Answer
a) $\cot^{-1}(-\sqrt3)=\frac{5\pi}{6}$
b) $\sec^{-1}2=\frac{\pi}{3}$
Work Step by Step
a) let $\cot^{-1}(-\sqrt3)=\theta, 0\lt\theta\lt\pi$
$\cot\theta=-\sqrt3$
$\tan\theta=\frac{-1}{\sqrt3}$
$\theta=-\frac{\pi}{6}+k\pi$, where k is an integer.

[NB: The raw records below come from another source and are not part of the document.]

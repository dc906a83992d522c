-- ===== src/Startup.antt =====
-- src/main.cpp: the arguments of the server, the files they name, and what it serves with.
pub mod Arguments
use gate_control.Base.{
  ℕ, zero, suc, ◌%◌, ◌^◌, ◌-◌, List, [], ◌∷◌, Option, none, some, length, ltb, ◌==◌, if◌then◌else◌,
}
use gate_control.Base.Text.{Str}
use gate_control.Base.Int.{ℤ, pos, negsuc}
use gate_control.Base.Outcome.{Outcome, ok, raised, undefined}
use gate_control.Json.{JsonLib}
use gate_control.AuthTable.Types.{AuthTable}
use gate_control.AuthTable.Stoi.{stoi}
use gate_control.AuthTable.File.{open_auth_table_from_file}
use gate_control.Config.{GcConfig, open_from_file}

-- `argv[i]`, which is there where it is read.
abbrev pub argument : ℕ → List Str → Str
argument n [] = []
argument zero (x ∷ args) = x
argument (suc n) (x ∷ args) = argument n args

abbrev pub default_port : ℕ
default_port = 80

-- The test of the port and its cast to `unsigned short`; `none` is a message and an exit.
abbrev pub narrow_port : Option ℤ → Option ℕ
narrow_port none = none
narrow_port (some (negsuc n)) = none
narrow_port (some (pos n)) = if ltb (2 ^ 16 - 1) n then none else some (n % 2 ^ 16)

unfoldable pub port_of : List Str → Option ℕ
port_of argv = if length argv == 6 then narrow_port (stoi (argument 5 argv)) else some default_port

module _ (J : JsonLib) (Address : Type 0) (make_address_v4 : Str → Option Address)
    (default_address : Address) (read : Str → Option Str) where
  pub record Setup : Type 0 where
    pub com_port : Str
    pub address : Address
    pub port : ℕ
    pub auth_table : AuthTable
    pub config : GcConfig J

  unfoldable pub address_of : List Str → Option Address
  address_of argv =
      if length argv == 5 then make_address_v4 (argument 4 argv) else some default_address

  abbrev pub with_config :
      List Str → Address → ℕ → AuthTable → Outcome (Option (GcConfig J)) → Outcome (Option Setup)
  with_config argv address port auth_table (ok none) = ok none
  with_config argv address port auth_table (ok (some config)) = ok (
      some (record {
        com_port = argument 1 argv;
        address = address;
        port = port;
        auth_table = auth_table;
        config = config;
      }))
  with_config argv address port auth_table raised = ok none
  with_config argv address port auth_table undefined = undefined

  abbrev pub with_table :
      List Str → Option Address → Option ℕ → Option AuthTable → Outcome (Option Setup)
  with_table argv none port table = ok none
  with_table argv (some address) none table = ok none
  with_table argv (some address) (some port) none = ok none
  with_table argv (some address) (some port) (some table) =
      with_config argv address port table (open_from_file J (read (argument 3 argv)))

  -- `main` up to the start of the server; `none` is an exit with code 1.
  unfoldable pub start : List Str → Outcome (Option Setup)
  unfolding port_of address_of
  start argv =
      if ltb (length argv) 4
      then ok none
      else with_table argv (address_of argv) (port_of argv)
          (open_auth_table_from_file (read (argument 2 argv)))
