-- ===== src/Startup/Arguments.antt =====
-- What the server starts with.
use gate_control.Base.{
  ℕ, ◌%◌, ◌^◌, ◌<◌, ◌≤◌, ◌-◌, List, Option, none, some, length, ltb, ◌==◌, ==_iff, ◌≡◌, ◌≢◌, refl,
  sym, ap, ◌∙◌, inl, inr, arith, Bool-cases, some-elim,
}
use gate_control.Base.Text.{Str}
use gate_control.Base.Int.{pos, negsuc, ℤ}
use gate_control.Base.Outcome.{Outcome, ok, raised, undefined, ok-elim}
use gate_control.Json.{JsonLib}
use gate_control.AuthTable.Types.{AuthTable}
use gate_control.AuthTable.Types.Laws.{HasDistinctLogins}
use gate_control.AuthTable.Stoi.{stoi}
use gate_control.AuthTable.File.{open_auth_table_from_file}
use gate_control.AuthTable.File.RoundTrip.{open_auth_table_from_file-first}
use gate_control.Config.{GcConfig, open_from_file}
use gate_control.Startup.{
  argument, default_port, narrow_port, port_of, Setup, address_of, with_config, with_table, start,
}

narrow_port-value :
    (i : Option ℤ) (p : ℕ) → narrow_port i ≡ some p → (i ≡ some (pos p)) × (p < 2 ^ 16)
narrow_port-value none p h = absurd (cc h)
narrow_port-value (some (negsuc n)) p h = absurd (cc h)
narrow_port-value (some (pos n)) p h = elim (Bool-cases (ltb (2 ^ 16 - 1) n)) [
  | inl large ↦ let e : narrow_port (some (pos n)) ≡ none = rw large in absurd (cc (e, h))
  | inr small ↦
      let e : narrow_port (some (pos n)) ≡ some (n % 2 ^ 16) = rw small in
      let bound : n < 2 ^ 16 = ground arith in
      let same : n % 2 ^ 16 ≡ n = omega (arith, bound) in
      some-elim (λ p. (some (pos n) ≡ some (pos p)) × (p < 2 ^ 16)) (sym e ∙ h)
        (ap (λ k. some (pos k)) (sym same), omega (arith, same, bound))
]

-- The port is the argument's, if there are six, and else the default.
abbrev pub IsPort : List Str → ℕ → Type 0
IsPort argv p =
    (p < 2 ^ 16)
    × (length argv ≡ 6 → stoi (argument 5 argv) ≡ some (pos p))
    × (length argv ≢ 6 → p ≡ default_port)

port_of-IsPort : (argv : List Str) (p : ℕ) → port_of argv ≡ some p → IsPort argv p
unfolding port_of
port_of-IsPort argv p h = elim (Bool-cases (length argv == 6)) [
  | inl six ↦
      let (value, small) = narrow_port-value (stoi (argument 5 argv)) p (sym (rw six refl) ∙ h) in
      (small, (λ _. value), λ other. absurd (other ((==_iff _ _).0 six)))
  | inr other ↦
      let e : port_of argv ≡ some default_port = rw other in
      some-elim (IsPort argv) (sym e ∙ h)
        (omega arith, (λ six. absurd (cc ((==_iff _ _).1 six, other))), λ _. refl)
]

module _ (J : JsonLib) (Address : Type 0) (make_address_v4 : Str → Option Address)
    (default_address : Address) (read : Str → Option Str) where
  -- The address is the argument's, if there are five, and else the default.
  abbrev pub IsAddress : List Str → Address → Type 0
  IsAddress argv a =
      (length argv ≡ 5 → make_address_v4 (argument 4 argv) ≡ some a)
      × (length argv ≢ 5 → a ≡ default_address)

  address_of-IsAddress :
      (argv : List Str) (a : Address)
      → address_of J Address make_address_v4 default_address read argv ≡ some a
      → IsAddress argv a
  unfolding address_of
  address_of-IsAddress argv a h = elim (Bool-cases (length argv == 5)) [
    | inl five ↦ ((λ _. sym (rw five refl) ∙ h), λ other. absurd (other ((==_iff _ _).0 five)))
    | inr other ↦
        let e : address_of J Address make_address_v4 default_address read argv
            ≡ some default_address =
          rw other in
        some-elim (IsAddress argv) (sym e ∙ h)
          ((λ five. absurd (cc ((==_iff _ _).1 five, other))), λ _. refl)
  ]

  abbrev pub IsSetup : List Str → Setup J Address make_address_v4 default_address read → Type 0
  IsSetup argv s =
      (4 ≤ length argv)
      × IsAddress argv s.address
      × IsPort argv s.port
      × (open_auth_table_from_file (read (argument 2 argv)) ≡ some s.auth_table)
      × HasDistinctLogins s.auth_table
      × (open_from_file J (read (argument 3 argv)) ≡ ok (some s.config))
      × (s.com_port ≡ argument 1 argv)

  opened-HasDistinctLogins :
      (contents : Option Str) (t : AuthTable)
      → open_auth_table_from_file contents ≡ some t
      → HasDistinctLogins t
  unfolding open_auth_table_from_file
  opened-HasDistinctLogins none t h = absurd (cc h)
  opened-HasDistinctLogins (some contents) t h =
      let (u, opened, distinct, _) = open_auth_table_from_file-first contents in
      some-elim HasDistinctLogins (sym opened ∙ h) distinct

  -- The parts that a setup is made of.
  abbrev Makes :
      List Str
      → Option Address
      → Option ℕ
      → Option AuthTable
      → Setup J Address make_address_v4 default_address read
      → Type 0
  Makes argv oa op ot s =
      (oa ≡ some s.address)
      × (op ≡ some s.port)
      × (ot ≡ some s.auth_table)
      × (open_from_file J (read (argument 3 argv)) ≡ ok (some s.config))
      × (s.com_port ≡ argument 1 argv)

  with_config-Makes :
      (argv : List Str) (a : Address) (p : ℕ) (t : AuthTable) (o : Outcome (Option (GcConfig J)))
      (s : Setup J Address make_address_v4 default_address read)
      → open_from_file J (read (argument 3 argv)) ≡ o
      → with_config J Address make_address_v4 default_address read argv a p t o ≡ ok (some s)
      → Makes argv (some a) (some p) (some t) s
  with_config-Makes argv a p t (ok none) s e h = absurd (cc h)
  with_config-Makes argv a p t (ok (some c)) s e h =
      let h' = ok-elim (λ o. o ≡ some s) (sym h) refl in
      some-elim (Makes argv (some a) (some p) (some t)) h' (refl, refl, refl, e, refl)
  with_config-Makes argv a p t raised s e h = absurd (cc h)
  with_config-Makes argv a p t undefined s e h = absurd (cc h)

  with_table-Makes :
      (argv : List Str) (oa : Option Address) (op : Option ℕ) (ot : Option AuthTable)
      (s : Setup J Address make_address_v4 default_address read)
      → with_table J Address make_address_v4 default_address read argv oa op ot ≡ ok (some s)
      → Makes argv oa op ot s
  with_table-Makes argv none op ot s h = absurd (cc h)
  with_table-Makes argv (some a) none ot s h = absurd (cc h)
  with_table-Makes argv (some a) (some p) none s h = absurd (cc h)
  with_table-Makes argv (some a) (some p) (some t) s h = with_config-Makes argv a p t _ s refl h

  -- A server that starts has three arguments at least, a table and a configuration that the files
  -- of the second and third hold, and the first as its port to the Arduino. It listens on the
  -- address of the fourth argument if that is the last, and on the port of the fifth if that is; in
  -- every other case on the defaults. So an address in front of a port is not used.
  pub start-IsSetup :
      (argv : List Str) (s : Setup J Address make_address_v4 default_address read)
      → start J Address make_address_v4 default_address read argv ≡ ok (some s)
      → IsSetup argv s
  unfolding start
  start-IsSetup argv s h = elim (Bool-cases (ltb (length argv) 4)) [
    | inl few ↦
        let e : start J Address make_address_v4 default_address read argv ≡ ok none = rw few in
        absurd (cc (e, h))
    | inr enough ↦
        let (address, port, table, config, device) =
          with_table-Makes argv (address_of J Address make_address_v4 default_address read argv)
            (port_of argv) (open_auth_table_from_file (read (argument 2 argv))) s
            (sym (rw enough refl) ∙ h) in
        (
          ground arith,
          address_of-IsAddress argv s.address address,
          port_of-IsPort argv s.port port,
          table,
          opened-HasDistinctLogins (read (argument 2 argv)) s.auth_table table,
          config,
          device,
        )
  ]
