-- ===== src/System.antt =====
-- The server and the board together: the messages between them are texts, which the one's JSON
-- library writes and the other's reads.
pub mod Command
pub mod Report
use gate_control.Base.{
  Bool, true, false, List, [], ◌∷◌, Option, some, map, length, ◌==◌, ◌≡◌, ℕ, All, ltb,
}
use gate_control.Base.Text.{Str}
use gate_control.Base.Outcome.{ok}
use gate_control.Json.{JsonLib, lookup}
use gate_control.Message.{MessageType, type_to_str}
use gate_control.Firmware.Library.{Library}

-- What JSON is: the board reads what the server wrote.
pub record Wire (J : JsonLib) (L : Library) : Type 0 where
  -- A value of the server, as the board's library reads it.
  pub seen : J.Value → L.Value
  pub dump_not_empty : (v : J.Value) (t : Str) → J.dump v ≡ ok t → (length t == 0) ≡ false
  pub deserialize_dump : (v : J.Value) (t : Str) → J.dump v ≡ ok t → L.deserialize t ≡ (seen v, [])
  pub seen_object : (fs : List (Str × J.Value)) → L.is_null (seen (J.of_object fs)) ≡ false
  pub seen_member :
      (fs : List (Str × J.Value)) (k : Str) (v : J.Value)
      → lookup k fs ≡ some v
      → L.member (seen (J.of_object fs)) k ≡ seen v
  pub seen_type :
      (t : MessageType) → L.as_string (seen (J.of_string (type_to_str t))) ≡ some (type_to_str t)

-- The values of the board's library that are made of numbers and ASCII texts.
mutual
  pub data IsPlain (L : Library) : L.Value → Type 0 where
    plain_unsigned : (n : ℕ) → IsPlain L (L.of_unsigned n)
    plain_string : (s : Str) → All (λ c. ltb c 128 ≡ true) s → IsPlain L (L.of_string s)
    plain_array : (vs : List L.Value) → ArePlain L vs → IsPlain L (L.of_array vs)
    plain_object : (fs : List (Str × L.Value)) → FieldsPlain L fs → IsPlain L (L.of_object fs)

  pub data ArePlain (L : Library) : List L.Value → Type 0 where
    no_items : ArePlain L []
    item : (v : L.Value) (vs : List L.Value) → IsPlain L v → ArePlain L vs → ArePlain L (v ∷ vs)

  pub data FieldsPlain (L : Library) : List (Str × L.Value) → Type 0 where
    no_fields : FieldsPlain L []
    field :
        (k : Str) (v : L.Value) (fs : List (Str × L.Value))
        → All (λ c. ltb c 128 ≡ true) k
        → IsPlain L v
        → FieldsPlain L fs
        → FieldsPlain L ((k, v) ∷ fs)

-- The other way: the server reads what the board wrote of such a value.
pub record BackWire (J : JsonLib) (L : Library) : Type 0 where
  -- A value of the board, as the server's library reads it.
  pub told : L.Value → J.Value
  pub serialize_not_empty : (v : L.Value) → IsPlain L v → (length (L.serialize v) == 0) ≡ false
  pub parse_serialize : (v : L.Value) → IsPlain L v → J.parse (L.serialize v) ≡ some (told v)
  pub told_string : (s : Str) → told (L.of_string s) ≡ J.of_string s
  pub told_unsigned : (n : ℕ) → told (L.of_unsigned n) ≡ J.of_number n
  pub told_array : (vs : List L.Value) → told (L.of_array vs) ≡ J.of_array (map told vs)
  pub told_object :
      (fs : List (Str × L.Value))
      → told (L.of_object fs) ≡ J.of_object (map (λ (k, v). (k, told v)) fs)
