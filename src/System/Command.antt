-- ===== src/System/Command.antt =====
-- A client's message moves a gate.
use gate_control.Base.{ℕ, ◌<◌, ◌≤◌, Bool, true, [], ◌∷◌, ◌++◌, some, ◌≡◌, refl, ap, ◌∙◌}
use gate_control.Base.Text.{Str, codes, str_eq}
use gate_control.Base.Outcome.{ok}
use gate_control.Json.{JsonLib, lookup}
use gate_control.AuthTable.Types.{control}
use gate_control.Message.{
  change_state, JsonMessage, type_to_str, message_object, parse_message, dump_message,
}
use gate_control.Messenger.{Messenger, in_flight, send_message, do_write}
use gate_control.Socket.{Session, text_frame, handle_message, on_read}
use gate_control.Firmware.Library.{Library, SquaresUnit}
use gate_control.Firmware.Sketch.{gate_pins_size, Board}
use gate_control.Firmware.Sketch.Handling.{under_way}
use gate_control.Firmware.Sketch.Effects.{IsRunning}
use gate_control.Firmware.Sketch.Journey.{Commands, StandsAfter, end_state, loops-StandsAfter}
use gate_control.Firmware.Gate.Arrival.{most_ticks}
use gate_control.System.{Wire}

module _ (J : JsonLib) (L : Library) (wire : Wire J L) where
  open wire use {seen}

  -- A payload in which the board finds a gate that there is, and a state.
  pub record IsCommand (payload : J.Value) (id : ℕ) (up : Bool) : Type 0 where
    pub object : L.is_object (seen payload) ≡ true
    pub for_gate : L.as_unsigned (L.member (seen payload) (codes "id")) ≡ some id
    pub to_state : L.as_bool (L.member (seen payload) (codes "state")) ≡ some up
    pub there : id < gate_pins_size

  abbrev pub command_message : J.Value → JsonMessage J
  command_message payload = record { type = change_state; payload = payload }

  -- The board, when the text of the message has arrived.
  abbrev pub arrived : Str → Board L → Board L
  arrived text b = record b { received = b.received ++ text }

  seen_of :
      (k : Str) (payload v : J.Value)
      → lookup k
          ((codes "type", J.of_string (type_to_str change_state)) ∷ (codes "payload", payload) ∷ [])
        ≡ some v
      → L.member (seen (message_object J change_state payload)) k ≡ seen v
  seen_of k payload v h = wire.seen_member _ k v h

  text-Commands :
      (payload : J.Value) (text : Str) (id : ℕ) (up : Bool) (b : Board L)
      → IsCommand payload id up
      → dump_message J (command_message payload) ≡ ok text
      → b.received ≡ []
      → Commands L (arrived text b) id up
  unfolding dump_message
  text-Commands payload text id up b command dumped quiet =
      let object = message_object J change_state payload in
      let type_there : L.member (seen object) (codes "type")
          ≡ seen (J.of_string (type_to_str change_state)) =
        seen_of (codes "type") payload (J.of_string (type_to_str change_state))
          (unfold lookup str_eq in refl) in
      let payload_there : L.member (seen object) (codes "payload") ≡ seen payload =
        seen_of (codes "payload") payload payload (unfold lookup str_eq in refl) in
      record {
        doc = seen object;
        pending = rw quiet (wire.dump_not_empty object text dumped);
        read = rw quiet (wire.deserialize_dump object text dumped);
        not_null = wire.seen_object _;
        typed = rw type_there (wire.seen_type change_state ∙ ap some (unfold type_to_str in refl));
        object = rw payload_there command.object;
        for_gate =
            ap (λ x. L.as_unsigned (L.member x (codes "id"))) payload_there ∙ command.for_gate;
        to_state =
            ap (λ x. L.as_bool (L.member x (codes "state"))) payload_there ∙ command.to_state;
        there = command.there;
      }

  -- The text of a client's session that may control, with a messenger that is idle.
  pub record IsTold (s : Session) (m : Messenger J) (message text : Str) (payload : J.Value)
      : Type 0 where
    pub may_control : s.permissions ≡ control
    pub parsed : parse_message J message ≡ ok (command_message payload)
    pub dumped : dump_message J (command_message payload) ≡ ok text
    pub idle : m.outgoing_message_queue ≡ []

  -- Where the board's library reads what the server's library writes, and `powf` squares the floats
  -- from 0 to 1 to such floats: a client with control sends a message that asks for a state of a
  -- gate that there is, the messenger has nothing else to write, and the board runs and has nothing
  -- to read. Then the session's handler hands the message on, the messenger's next write is its
  -- text, and once the text has arrived the gate is on its way after each call of `loop` until,
  -- within 101 calls, it has that state.
  pub on_read-StandsAfter :
      (law : SquaresUnit L.powf) (s : Session) (m : Messenger J) (message text : Str)
      (payload : J.Value) (id : ℕ) (up : Bool) (b : Board L)
      → IsTold s m message text payload
      → IsCommand payload id up
      → IsRunning L b
      → b.received ≡ []
      → (s' : Session) × (m' : Messenger J) × (m'' : Messenger J) × (on_read J
            (text_frame message)
            s
            m
          ≡ ok (s', m'))
        × (do_write J m' ≡ ok m'')
        × (m''.written ≡ m.written ++ text ∷ [])
        × ((j : ℕ) × (0 < j)
            × (j ≤ most_ticks)
            × ((i : ℕ) → 0 < i → i < j → StandsAfter L i (arrived text b) id (under_way up))
            × StandsAfter L j (arrived text b) id (end_state up))
  unfolding on_read handle_message send_message do_write
  on_read-StandsAfter law s m message text payload id up b is_told command running quiet =
      let m' = send_message J (command_message payload) m in
      (
        record s { is_reading = true },
        m',
        record m' {
          outgoing_message_buffer = text;
          outgoing_message_queue = [];
          write_loop = in_flight;
          written = m.written ++ text ∷ [];
        },
        rw (is_told.may_control, is_told.parsed) refl,
        rw (is_told.idle, is_told.dumped) refl,
        refl,
        loops-StandsAfter L law (arrived text b) id up
            (record { has = running.has; writes = running.writes })
            (text-Commands payload text id up b command is_told.dumped quiet),
      )
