-- ===== src/System/Report.antt =====
-- What the board says of its gates reaches the clients.
use gate_control.Base.{ℕ, List, [], ◌∷◌}
use gate_control.Base.Text.{codes}
use gate_control.Json.{JsonLib}
use gate_control.Message.{query_state_result, JsonMessage}
use gate_control.Messenger.{Messenger}
use gate_control.Firmware.Gate.{GateState}
use gate_control.Firmware.Library.{Library}
use gate_control.Firmware.Sketch.{gate_entry, state_str}
use gate_control.System.{BackWire}

module _ (J : JsonLib) (L : Library) (wire : BackWire J L) where
  open wire use {told}

  -- The gates of an answer, on the board and at the server.
  abbrev pub board_entries : List (ℕ × GateState) → List L.Value
  board_entries [] = []
  board_entries ((id, s) ∷ gates) = gate_entry L id s ∷ board_entries gates

  abbrev pub server_entries : List (ℕ × GateState) → List J.Value
  server_entries [] = []
  server_entries ((id, s) ∷ gates) =
      J.of_object ((codes "id", J.of_number id) ∷ (codes "state", J.of_string (state_str s)) ∷ [])
      ∷ server_entries gates

  abbrev pub report_message : List (ℕ × GateState) → JsonMessage J
  report_message gates = record {
    type = query_state_result;
    payload = J.of_array (server_entries gates);
  }

  -- The value that an answer is the text of.
  abbrev answer_of : List (ℕ × GateState) → L.Value
  answer_of gates = L.of_object (
      (codes "type", L.of_string (codes "query_state_result"))
      ∷ (codes "payload", L.of_array (board_entries gates))
      ∷ [])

$\because 0\lt\theta\lt\pi,$ let $k=1, \theta=\frac{5\pi}{6}$
$\therefore \cot^{-1}(-\sqrt3)=\frac{5\pi}{6}$
b) let $\sec^{-1}2=\theta, 0\leq\theta\leq\pi, \theta\neq\frac{\pi}{2}$
$\sec\theta=2$
$\cos\theta=\frac{1}{2}$
$\theta=\pm\frac{\pi}{3}+2k\pi$, where k is an integer.
$\because 0\leq\theta\leq\pi, \theta\neq\frac{\pi}{2},$ let $k=0, \theta=\frac{\pi}{3}$
$\therefore \sec^{-1}2=\frac{\pi}{3}$